If $$X$$ is a compact complex manifold, any holomorphic $$f:X\to {\mathbf{C}}$$ is constant.

If $$f:X\to Y$$ is a nonconstant holomorphic map between Riemann surfaces with $$X$$ compact, then

• $$f$$ must be surjective,
• $$Y$$ must be compact,
• $$f^{-1}(q)$$ is finite for all $$q\in Y$$,
• The branch and ramification loci consist of finitely many points.
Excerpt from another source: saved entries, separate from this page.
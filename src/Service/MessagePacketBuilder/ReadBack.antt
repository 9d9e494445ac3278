-- ===== src/Service/MessagePacketBuilder/ReadBack.antt =====
-- What a client reads from the fields of a message.
use lite_im.Prelude.{ℕ, ◌≤◌, ◌<◌, ◌^◌, ◌≡◌, refl, ◌∙◌, [], ◌∷◌, ◌++◌, length, All, arith}
use lite_im.Status.{Result, ok, err, error, not_found}
use lite_im.Protocol.Bytes.{Bytes, bytes}
use lite_im.Protocol.Tlv
use lite_im.Protocol.ByteOrder.Values.{length-be}
use lite_im.Protocol.TlvCodec.{TlvMap, parse_tlv_map, get_uint64, get_string, max_tlv_value_length}
use lite_im.Protocol.TlvCodec.Records.{Fits, body_bytes, values_of}
use lite_im.Protocol.TlvCodec.Getters.{
  getters-body_bytes, first_uint64, first_string, first_uint64-be,
}
use lite_im.Service.Records.{ConversationType, private_chat, group, type_value, MessageRecord}
use lite_im.Service.MessagePacketBuilder.{append_message_fields}
use lite_im.Service.MessagePacketBuilder.RoundTrip.{
  number_field, id_records, message_records, append_message_fields-Written,
}

-- The numbers of a message fit 64 bits, and its texts a value.
pub record FitsPacket (m : MessageRecord) : Type 0 where
  pub id_fits : m.message_id < 2 ^ 64
  pub conversation_fits : m.conversation.id < 2 ^ 64
  pub sender_fits : m.sender_id < 2 ^ 64
  pub receiver_fits : m.receiver_id < 2 ^ 64
  pub time_fits : m.created_at_ms < 2 ^ 64
  pub text_fits : length m.text ≤ max_tlv_value_length
  pub client_id_fits : length m.client_msg_id ≤ max_tlv_value_length

-- No field is there for a client that gave no id.
abbrev pub id_read : Bytes → Result Bytes
id_read [] = err (error not_found "missing required string field")
id_read (b ∷ bs) = ok (b ∷ bs)

pub record ReadAs (m : MessageRecord) (fields : TlvMap) : Type 0 where
  pub id_read_lem : get_uint64 fields Tlv.message_id ≡ ok m.message_id
  pub type_read : get_uint64 fields Tlv.conversation_type ≡ ok (type_value m.conversation.type)
  pub conversation_read : get_uint64 fields Tlv.conversation_id ≡ ok m.conversation.id
  pub sender_read : get_uint64 fields Tlv.sender_id ≡ ok m.sender_id
  pub receiver_read : get_uint64 fields Tlv.receiver_id ≡ ok m.receiver_id
  pub text_read : get_string fields Tlv.message_text ≡ ok m.text
  pub client_id_read : get_string fields Tlv.client_message_id ≡ id_read m.client_msg_id
  pub time_read : get_uint64 fields Tlv.timestamp_ms ≡ ok m.created_at_ms

number_field-Fits : (type value : ℕ) → type < 2 ^ 16 → Fits (number_field type value)
number_field-Fits type value h = record {
  type_fits = h;
  value_fits = omega (arith, length-be 8 value);
}

last-Fits :
    (id : Bytes) (time : ℕ)
    → length id ≤ max_tlv_value_length
    → All Fits (id_records id ++ (number_field Tlv.timestamp_ms time ∷ []))
last-Fits [] time h = (number_field-Fits Tlv.timestamp_ms time (omega arith), tt)
last-Fits (b ∷ bs) time h = (
  record { type_fits = omega arith; value_fits = h },
  (number_field-Fits Tlv.timestamp_ms time (omega arith), tt),
)

message_records-Fits : (m : MessageRecord) → FitsPacket m → All Fits (message_records m)
message_records-Fits m f = (
  number_field-Fits Tlv.message_id m.message_id (omega arith),
  (
    number_field-Fits Tlv.conversation_type (type_value m.conversation.type) (omega arith),
    (
      number_field-Fits Tlv.conversation_id m.conversation.id (omega arith),
      (
        number_field-Fits Tlv.sender_id m.sender_id (omega arith),
        (
          number_field-Fits Tlv.receiver_id m.receiver_id (omega arith),
          (
            record { type_fits = omega arith; value_fits = f.text_fits },
            last-Fits m.client_msg_id m.created_at_ms f.client_id_fits,
          ),
        ),
      ),
    ),
  ),
)

type_value_small : (t : ConversationType) → type_value t < 2 ^ 64
type_value_small private_chat = omega arith
type_value_small group = omega arith

time_value :
    (id : Bytes) (time : ℕ)
    → time < 2 ^ 64
    → first_uint64
        (values_of Tlv.timestamp_ms (id_records id ++ (number_field Tlv.timestamp_ms time ∷ [])))
      ≡ ok time
time_value [] time h = first_uint64-be time [] h
time_value (b ∷ bs) time h = first_uint64-be time [] h

id_value :
    (id : Bytes) (time : ℕ)
    → first_string (
        values_of Tlv.client_message_id
          (id_records id ++ (number_field Tlv.timestamp_ms time ∷ [])))
      ≡ id_read id
id_value [] time = refl
id_value (b ∷ bs) time = refl

-- The fields of a message make a body, from which a client that parses it reads the message back: every
-- number, the text, the time, and the client's id where there is one.
pub append_message_fields-ReadAs :
    (m : MessageRecord)
    → FitsPacket m
    → (body : Bytes) × (append_message_fields m [] ≡ ok body)
      × ReadAs m (parse_tlv_map (bytes body)).0
append_message_fields-ReadAs m f =
    let rs = message_records m in
    let read = λ (t : ℕ). getters-body_bytes rs t (message_records-Fits m f) in
    let after = λ (t : ℕ).
      values_of t
        (id_records m.client_msg_id ++ (number_field Tlv.timestamp_ms m.created_at_ms ∷ [])) in
    (
      body_bytes rs,
      (append_message_fields-Written m [] f.text_fits f.client_id_fits).written_as,
      record {
        id_read_lem =
            (read Tlv.message_id).1 ∙ first_uint64-be m.message_id (after Tlv.message_id) f.id_fits;
        type_read =
            (read Tlv.conversation_type).1
            ∙ first_uint64-be (type_value m.conversation.type) (after Tlv.conversation_type)
                (type_value_small m.conversation.type);
        conversation_read =
            (read Tlv.conversation_id).1
            ∙ first_uint64-be m.conversation.id (after Tlv.conversation_id) f.conversation_fits;
        sender_read =
            (read Tlv.sender_id).1
            ∙ first_uint64-be m.sender_id (after Tlv.sender_id) f.sender_fits;
        receiver_read =
            (read Tlv.receiver_id).1
            ∙ first_uint64-be m.receiver_id (after Tlv.receiver_id) f.receiver_fits;
        text_read = (read Tlv.message_text).0;
        client_id_read = (read Tlv.client_message_id).0 ∙ id_value m.client_msg_id m.created_at_ms;
        time_read =
            (read Tlv.timestamp_ms).1 ∙ time_value m.client_msg_id m.created_at_ms f.time_fits;
      },
    )
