-- ===== src/Service/MessagePacketBuilder/Tests.antt =====
-- A message in a body, and the theorem at it.
use lite_im.Prelude.{◌≡◌, [], ◌∷◌, arith}
use lite_im.Status.{ok}
use lite_im.Protocol.Bytes.{Bytes, bytes}
use lite_im.Protocol.TlvCodec.{parse_tlv_map}
use lite_im.Service.Records.{MessageRecord, private_chat}
use lite_im.Service.MessagePacketBuilder.{append_message_fields}
use lite_im.Service.MessagePacketBuilder.ReadBack.{ReadAs, append_message_fields-ReadAs}

abbrev hello : MessageRecord
hello = record {
  message_id = 1;
  conversation = record { type = private_chat; id = 50006 };
  sender_id = 5;
  receiver_id = 6;
  text = 104 ∷ 105 ∷ [];
  created_at_ms = 1700000000000;
  client_msg_id = 99 ∷ [];
}

append_message_fields-ReadAs_example :
    (body : Bytes) × (append_message_fields hello [] ≡ ok body)
    × ReadAs hello (parse_tlv_map (bytes body)).0
append_message_fields-ReadAs_example = append_message_fields-ReadAs hello (record {
  id_fits = omega arith;
  conversation_fits = omega arith;
  sender_fits = omega arith;
  receiver_fits = omega arith;
  time_fits = omega arith;
  text_fits = omega arith;
  client_id_fits = omega arith;
})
Given a nonconstant $$p\in {\mathbf{C}}[x]$$, regard it as a function $$p: {\mathbf{P}}^1({\mathbf{C}}) \to {\mathbf{P}}^1({\mathbf{C}})$$ by extending so that $$p(\infty) = \infty$$. Since $$p$$ is nonconstant, by the lemma $$p$$ is surjective, so there exists some $$x\neq \infty$$ in $${\mathbf{P}}^1({\mathbf{C}})$$ with $$p(x) = 0$$.